In 2020, 8 of the largest US Banks and 10 of the largest US asset managers financed $2 billion tons of carbon emissions.
Though major corporations have shared their support for net-zero initiatives, the “Wall Street’s Carbon Bubble” report by the Sierra Club and the Center for American Progress (CAP) says it isn’t enough.
Some banks are continuing to fund oil and heavy industries, but many have joined the Glasgow Financial Alliance for Net Zero (GFANZ) to limit their investment in heavy emitters.
“If left unaddressed, climate change could lead to a financial crisis larger than any in living memory,” said Andres Vinelli, vice president of economic policy at CAP.

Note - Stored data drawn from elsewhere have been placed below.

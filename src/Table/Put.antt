-- ===== src/Table/Put.antt =====
-- `table_put` and `table_get` of src/table.c against the map that the table stands for.
use myclib.Prelude.{
  ℕ, ◌+◌, ◌%◌, ◌≡◌, ◌≢◌, refl, inl, inr, Bool-cases, Bool, true, false, none, some, [], ◌∷◌, ◌==◌,
  arith, if◌then◌else◌, All,
}
use myclib.Table.{Ptr, null, Chain, Table, entry_find, value_of, table_put, table_get}
use myclib.Table.View.{
  KeyLaws, count-set_bucket, set_bucket_keeps, total, view, Distinct, IsValid, update,
}

-- An entry that is found has a value, where all entries have one.
pub entry_find-none :
    (same : Ptr → Ptr → Bool) (hash : Ptr → ℕ) (n i : ℕ) (c : Chain) (k : Ptr)
    → All (λ e. (hash e.key % n ≡ i) × (e.value ≢ null)) c
    → value_of (entry_find same c k) ≡ null
    → entry_find same c k ≡ none
unfolding entry_find
entry_find-none same hash n i [] k all h = refl
entry_find-none same hash n i (e ∷ c) k all h = ground (arith, entry_find-none same hash n i c k)

module _ {same : Ptr → Ptr → Bool} {hash : Ptr → ℕ} (laws : KeyLaws same hash) where
  pub entry_find_congr :
      (c : Chain) (a b : Ptr) → same a b ≡ true → entry_find same c a ≡ entry_find same c b
  unfolding entry_find
  entry_find_congr [] a b h = refl
  entry_find_congr (e ∷ c) a b h = ground (
    arith,
    entry_find_congr c a b,
    laws.same_trans e.key a b,
    laws.same_trans e.key b a,
    laws.same_symm a b,
  )

  table_put-present :
      (tb : Table) (k v : Ptr)
      → (view same hash tb k == null) ≡ false
      → table_put same hash tb k v ≡ (view same hash tb k, tb)
  unfolding table_put
  table_put-present tb k v h = ground arith

  table_put-absent :
      {tb : Table} (k v : Ptr)
      → IsValid same hash tb
      → view same hash tb k ≡ null
      → v ≢ null
      → let (ret, tb') = table_put same hash tb k v in
        (ret ≡ null)
        × IsValid same hash tb'
        × ((q : Ptr) → view same hash tb' q ≡ update same (view same hash tb) k v q)
        × (total tb' ≡ total tb + 1)
  unfolding table_put entry_find
  table_put-absent {tb} k v valid absent value =
      let i = hash k % tb.size in
      let old = tb.buckets i in
      let new : Chain = record { key = k; value = v } ∷ old in
      let none_there = entry_find-none same hash tb.size i old k (valid.placed i) absent in
      let more = count-set_bucket tb.buckets new tb.size 0 i in
      rw absent (
        refl,
        record {
          sized = valid.sized;
          placed =
              set_bucket_keeps (λ j. All (λ e. (hash e.key % tb.size ≡ j) × (e.value ≢ null)))
                tb.buckets i new valid.placed ((refl, value), valid.placed i);
          distinct =
              set_bucket_keeps (λ j. Distinct same hash) tb.buckets i new valid.distinct
                (none_there, valid.distinct i);
          counted = ground (arith, valid.counted, valid.sized, more);
        },
        λ q. ground (arith, laws.hash-same k q),
        ground (arith, valid.sized, more),
      )

  -- `table_put` with a value that is not `NULL` keeps the table valid and returns what the map holds
  -- at the key. If this is `NULL`, afterwards the table stands for the map with the value at this key
  -- and every other key untouched, and it has one entry more; otherwise nothing has changed.
  pub table_put_lem :
      {tb : Table} (k v : Ptr)
      → IsValid same hash tb
      → v ≢ null
      → let f = view same hash tb in
        let (ret, tb') = table_put same hash tb k v in
        (ret ≡ f k)
        × IsValid same hash tb'
        × ((q : Ptr) → view same hash tb' q ≡ (if f k == null then update same f k v q else f q))
        × (total tb' ≡ total tb + (if f k == null then 1 else 0))
  table_put_lem {tb} k v valid value = elim (Bool-cases (view same hash tb k == null)) [
    | inl absent ↦
        let (ret, valid', reads, more) = table_put-absent k v valid (ground arith) value in
        (ground arith, valid', rw absent reads, rw absent more)
    | inr present ↦
        rw (table_put-present tb k v present) (refl, valid, λ q. ground arith, ground arith)
  ]

  -- `table_get` returns what the map holds at the key, unless the key is `NULL`.
  pub table_get-view :
      (tb : Table) (k : Ptr) → k ≢ null → table_get same hash tb k ≡ some (view same hash tb k)
  unfolding table_get
  table_get-view tb k h = ground arith

  -- `table_put` of `NULL` at a key that the table holds no value for adds an entry each time, which no
  -- `table_get` can tell from an absent one: the map is as before and the entries are one more.
  pub table_put-null :
      {tb : Table} (k : Ptr)
      → IsValid same hash tb
      → view same hash tb k ≡ null
      → let (ret, tb') = table_put same hash tb k null in
        (ret ≡ null)
        × ((q : Ptr) → view same hash tb' q ≡ view same hash tb q)
        × (total tb' ≡ total tb + 1)
  unfolding table_put entry_find
  table_put-null {tb} k valid absent =
      let i = hash k % tb.size in
      let new : Chain = record { key = k; value = null } ∷ tb.buckets i in
      let more = count-set_bucket tb.buckets new tb.size 0 i in
      rw absent (
        refl,
        λ q. ground (arith, laws.hash-same k q, entry_find_congr (tb.buckets i) k q),
        ground (arith, valid.sized, more),
      )
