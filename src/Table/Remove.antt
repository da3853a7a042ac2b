-- ===== src/Table/Remove.antt =====
-- `table_remove` of src/table.c against the map that the table stands for.
use myclib.Prelude.{
  ℕ, ◌+◌, ◌-◌, ◌%◌, ◌^◌, ◌≡◌, ◌≢◌, refl, Bool, true, false, none, some, [], ◌∷◌, ◌==◌, arith,
  if◌then◌else◌, u32, length, All, inl, inr, Bool-cases,
}
use myclib.Table.{
  Ptr, null, Entry, Chain, Table, set_bucket, entry_find, value_of, unlink, table_remove,
}
use myclib.Table.View.{
  KeyLaws, count-set_bucket, set_bucket_keeps, total, view, Distinct, IsValid, update,
}
use myclib.Table.Put.{entry_find_congr}

-- What the loop of `table_remove` returns: the value that `entry_find` would lead to.
unlink-value :
    (same : Ptr → Ptr → Bool) (c : Chain) (k : Ptr)
    → (unlink same c k).0 ≡ value_of (entry_find same c k)
unfolding unlink entry_find
unlink-value same [] k = refl
unlink-value same (e ∷ c) k = ground (arith, unlink-value same c k)

unlink-found :
    (same : Ptr → Ptr → Bool) (c : Chain) (k : Ptr)
    → length (unlink same c k).2 + (if (unlink same c k).1 then 1 else 0) ≡ length c
unfolding unlink
unlink-found same [] k = refl
unlink-found same (e ∷ c) k = ground (arith, unlink-found same c k)

unlink_found :
    (same : Ptr → Ptr → Bool) (hash : Ptr → ℕ) (n i : ℕ) (c : Chain) (k : Ptr)
    → All (λ e. (hash e.key % n ≡ i) × (e.value ≢ null)) c
    → (unlink same c k).1 ≡ true
    → (unlink same c k).0 ≢ null
unfolding unlink
unlink_found same hash n i [] k all h = cc
unlink_found same hash n i (e ∷ c) k all h = ground (arith, unlink_found same hash n i c k)

unlink-All :
    (P : Entry → Type 0) (same : Ptr → Ptr → Bool) (c : Chain) (k : Ptr)
    → All P c
    → All P (unlink same c k).2
unfolding unlink
unlink-All P same [] k all = tt
unlink-All P same (e ∷ c) k all = elim (Bool-cases (same e.key k)) [
  | inl hit ↦ rw hit all.1
  | inr miss ↦ rw miss (all.0, unlink-All P same c k all.1)
]

module _ {same : Ptr → Ptr → Bool} {hash : Ptr → ℕ} (laws : KeyLaws same hash) where
  unlink_absent :
      (c : Chain) (k q : Ptr)
      → entry_find same c q ≡ none
      → entry_find same (unlink same c k).2 q ≡ none
  unfolding unlink entry_find
  unlink_absent [] k q h = refl
  unlink_absent (e ∷ c) k q h = ground (arith, unlink_absent c k q)

  unlink-find :
      (c : Chain) (k q : Ptr)
      → Distinct same hash c
      → entry_find same (unlink same c k).2 q ≡ (if same k q then none else entry_find same c q)
  unfolding unlink entry_find
  unlink-find [] k q d = ground arith
  unlink-find (e ∷ c) k q d = ground (
    arith,
    unlink-find c k q,
    laws.same_trans e.key k q,
    laws.same_trans k e.key q,
    laws.same_symm e.key k,
    laws.same_symm e.key q,
    laws.same_trans e.key q k,
    laws.same_symm k q,
    entry_find_congr laws c e.key q,
  )

  unlink-Distinct :
      (c : Chain) (k : Ptr) → Distinct same hash c → Distinct same hash (unlink same c k).2
  unfolding unlink
  unlink-Distinct [] k d = tt
  unlink-Distinct (e ∷ c) k d = elim (Bool-cases (same e.key k)) [
    | inl hit ↦ rw hit d.1
    | inr miss ↦ rw miss (unlink_absent c k e.key d.0, unlink-Distinct c k d.1)
  ]

  unlink_kept : (c : Chain) (k : Ptr) → (unlink same c k).1 ≡ false → entry_find same c k ≡ none
  unfolding unlink entry_find
  unlink_kept [] k h = refl
  unlink_kept (e ∷ c) k h = ground (arith, unlink_kept c k)

  -- `table_remove` at a key that is not `NULL` returns the value that the table held there, `NULL` if
  -- none; afterwards the table is valid and stands for the map without this key, every other key
  -- untouched, and it has one entry less exactly if there was a value.
  pub table_remove_lem :
      {tb : Table} (k : Ptr)
      → IsValid same hash tb
      → k ≢ null
      → (tb' : Table) × (table_remove same hash tb k ≡ some (view same hash tb k, tb'))
        × IsValid same hash tb'
        × ((q : Ptr) → view same hash tb' q ≡ update same (view same hash tb) k null q)
        × (total tb' + (if view same hash tb k == null then 0 else 1) ≡ total tb)
  unfolding table_remove
  table_remove_lem {tb} k valid nonnull =
      let i = hash k % tb.size in
      let old = tb.buckets i in
      let new = (unlink same old k).2 in
      let value = unlink-value same old k in
      let shorter = unlink-found same old k in
      let more = count-set_bucket tb.buckets new tb.size 0 i in
      elim (Bool-cases (unlink same old k).1) [
        | inr kept ↦
            let absent = unlink_kept old k kept in
            (
              tb,
              ground arith,
              valid,
              λ q. ground (arith, laws.hash-same k q, entry_find_congr laws old k q),
              ground arith,
            )
        | inl found ↦ (
          record tb {
            length = u32 (tb.length + 2 ^ 32 - 1);
            buckets = set_bucket tb.buckets i new;
          },
          ground arith,
          record {
            sized = valid.sized;
            placed =
                set_bucket_keeps (λ j. All (λ e. (hash e.key % tb.size ≡ j) × (e.value ≢ null)))
                  tb.buckets i new valid.placed (unlink-All _ same old k (valid.placed i));
            distinct =
                set_bucket_keeps (λ j. Distinct same hash) tb.buckets i new valid.distinct
                  (unlink-Distinct old k (valid.distinct i));
            counted = ground (arith, valid.counted, valid.sized);
          },
          λ q. ground (arith, laws.hash-same k q, unlink-find old k q (valid.distinct i)),
          ground (arith, valid.sized, unlink_found same hash tb.size i old k (valid.placed i)),
        )
      ]
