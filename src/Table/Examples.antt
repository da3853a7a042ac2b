-- ===== src/Table/Examples.antt =====
-- The functions of src/table.c at a table of three buckets, with the keys of its own test: numbers
-- that are compared and hashed as they are, as `cmp_int` and `hash_int` do.
use myclib.Prelude.{
  ℕ, zero, suc, ◌+◌, ◌*◌, ◌%◌, ◌^◌, ◌≡◌, ◌≢◌, refl, Bool, true, none, some, List, [], ◌∷◌, arith,
  ◌==◌, if◌then◌else◌, ◌>>=◌, All,
}
use myclib.Table.{
  Ptr, null, Entry, Chain, Table, entry_find, unlink, table_put, table_get, table_remove,
}
use myclib.Table.View.{Distinct, KeyLaws, IsValid, total, count, view, update}
use myclib.Table.Put.{table_put_lem}
use myclib.Table.Remove.{table_remove_lem}
use myclib.Table.Destroy.{Heap, free_buckets, free_buckets_lem}

abbrev cmp_int : Ptr → Ptr → Bool
cmp_int a b = a == b

abbrev hash_int : Ptr → ℕ
hash_int a = a % 2 ^ 32

int_laws : KeyLaws cmp_int hash_int
int_laws = record {
  same_refl = λ a. ground arith;
  same_symm = λ a b. ground arith;
  same_trans = λ a b c p q. ground arith;
  hash-same = λ a b p. ground arith;
}

abbrev entry : Ptr → Ptr → Entry
entry k v = record { key = k; value = v }

-- the keys 4 and 1 share a bucket
abbrev chains : ℕ → Chain
chains zero = []
chains (suc zero) = entry 4 40 ∷ entry 1 10 ∷ []
chains (suc (suc zero)) = entry 2 20 ∷ []
chains (suc (suc (suc i))) = []

abbrev table : Table
table = record { size = 3; length = 3; buckets = chains }

table-placed : (i : ℕ) → All (λ e. (hash_int e.key % 3 ≡ i) × (e.value ≢ null)) (chains i)
table-placed zero = tt
table-placed (suc zero) = omega arith
table-placed (suc (suc zero)) = omega arith
table-placed (suc (suc (suc i))) = tt

table-Distinct : (i : ℕ) → Distinct cmp_int hash_int (chains i)
unfolding entry_find
table-Distinct zero = tt
table-Distinct (suc zero) = (refl, (refl, tt))
table-Distinct (suc (suc zero)) = (refl, tt)
table-Distinct (suc (suc (suc i))) = tt

table-IsValid : IsValid cmp_int hash_int table
unfolding count
table-IsValid = record {
  sized = omega arith;
  placed = table-placed;
  distinct = table-Distinct;
  counted = refl;
}

-- the map of the table, at each key
abbrev held : Ptr → Ptr
held = view cmp_int hash_int table

-- a removal from the middle of a chain
remove_and_get :
    (table_remove cmp_int hash_int table 1 >>= λ (ret, tb). table_get cmp_int hash_int tb 4)
    ≡ some 40
unfolding table_remove unlink table_get entry_find
remove_and_get = refl

-- a new key in the bucket of 4 and 1
table_put_lem_example :
    let (ret, tb) = table_put cmp_int hash_int table 7 70 in
    (ret ≡ held 7)
    × IsValid cmp_int hash_int tb
    × ((q : Ptr)
        → view cmp_int hash_int tb q
          ≡ (if held 7 == null then update cmp_int held 7 70 q else held q))
    × (total tb ≡ total table + (if held 7 == null then 1 else 0))
table_put_lem_example = table_put_lem int_laws 7 70 table-IsValid (omega arith)

table_remove_lem_example :
    (tb : Table) × (table_remove cmp_int hash_int table 1 ≡ some (10, tb))
    × IsValid cmp_int hash_int tb
    × ((q : Ptr) → view cmp_int hash_int tb q ≡ update cmp_int held 1 null q)
    × (total tb + 1 ≡ 3)
unfolding entry_find count
table_remove_lem_example = table_remove_lem int_laws 1 table-IsValid (omega arith)

-- each value is doubled, and the keys are collected
abbrev visit : Ptr → Ptr → List Ptr → Ptr × List Ptr
visit k v seen = (v * 2, k ∷ seen)

-- every address is allocated
abbrev heap : Heap
heap p = true

free_buckets_lem_example : free_buckets ((5 ∷ []) ∷ (6 ∷ 7 ∷ []) ∷ []) heap ≡ none
free_buckets_lem_example = free_buckets_lem ((5 ∷ []) ∷ (6 ∷ 7 ∷ []) ∷ []) heap (ground arith)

According to Insurer Swiss Re, the global economy could lose 18% of current GDP by 2048 if no action against climate change is taken. So, whether you are an environmentally-conscious investor or not, there is cause for concern.
The report went on to say that financial institutions across the 20 largest economies have $22 trillion worth of assets within carbon-intensive sectors.
Following the report’s release, SEC Commissioner Caroline Crenshaw acknowledged the concerns expressed but drew attention to actions taken at COP26.
Many public companies have pledged to reach net-zero with world leader support.
However, she did say, “It’s sometimes unclear to me how companies will achieve these goals. Nor is it clear that companies will provide investors with the information they need to assess the merits of these pledges and to monitor their implementation over time.”
Crenshaw added that “metrics calculated using reliable and comparable methodologies that enable investors to decide whether companies mean what they say” will play a significant role moving forward.
The Securities and Exchange Commission is looking at more rigid climate reporting rules from publicly traded companies, including banks.
A ruling could take place as soon as next year.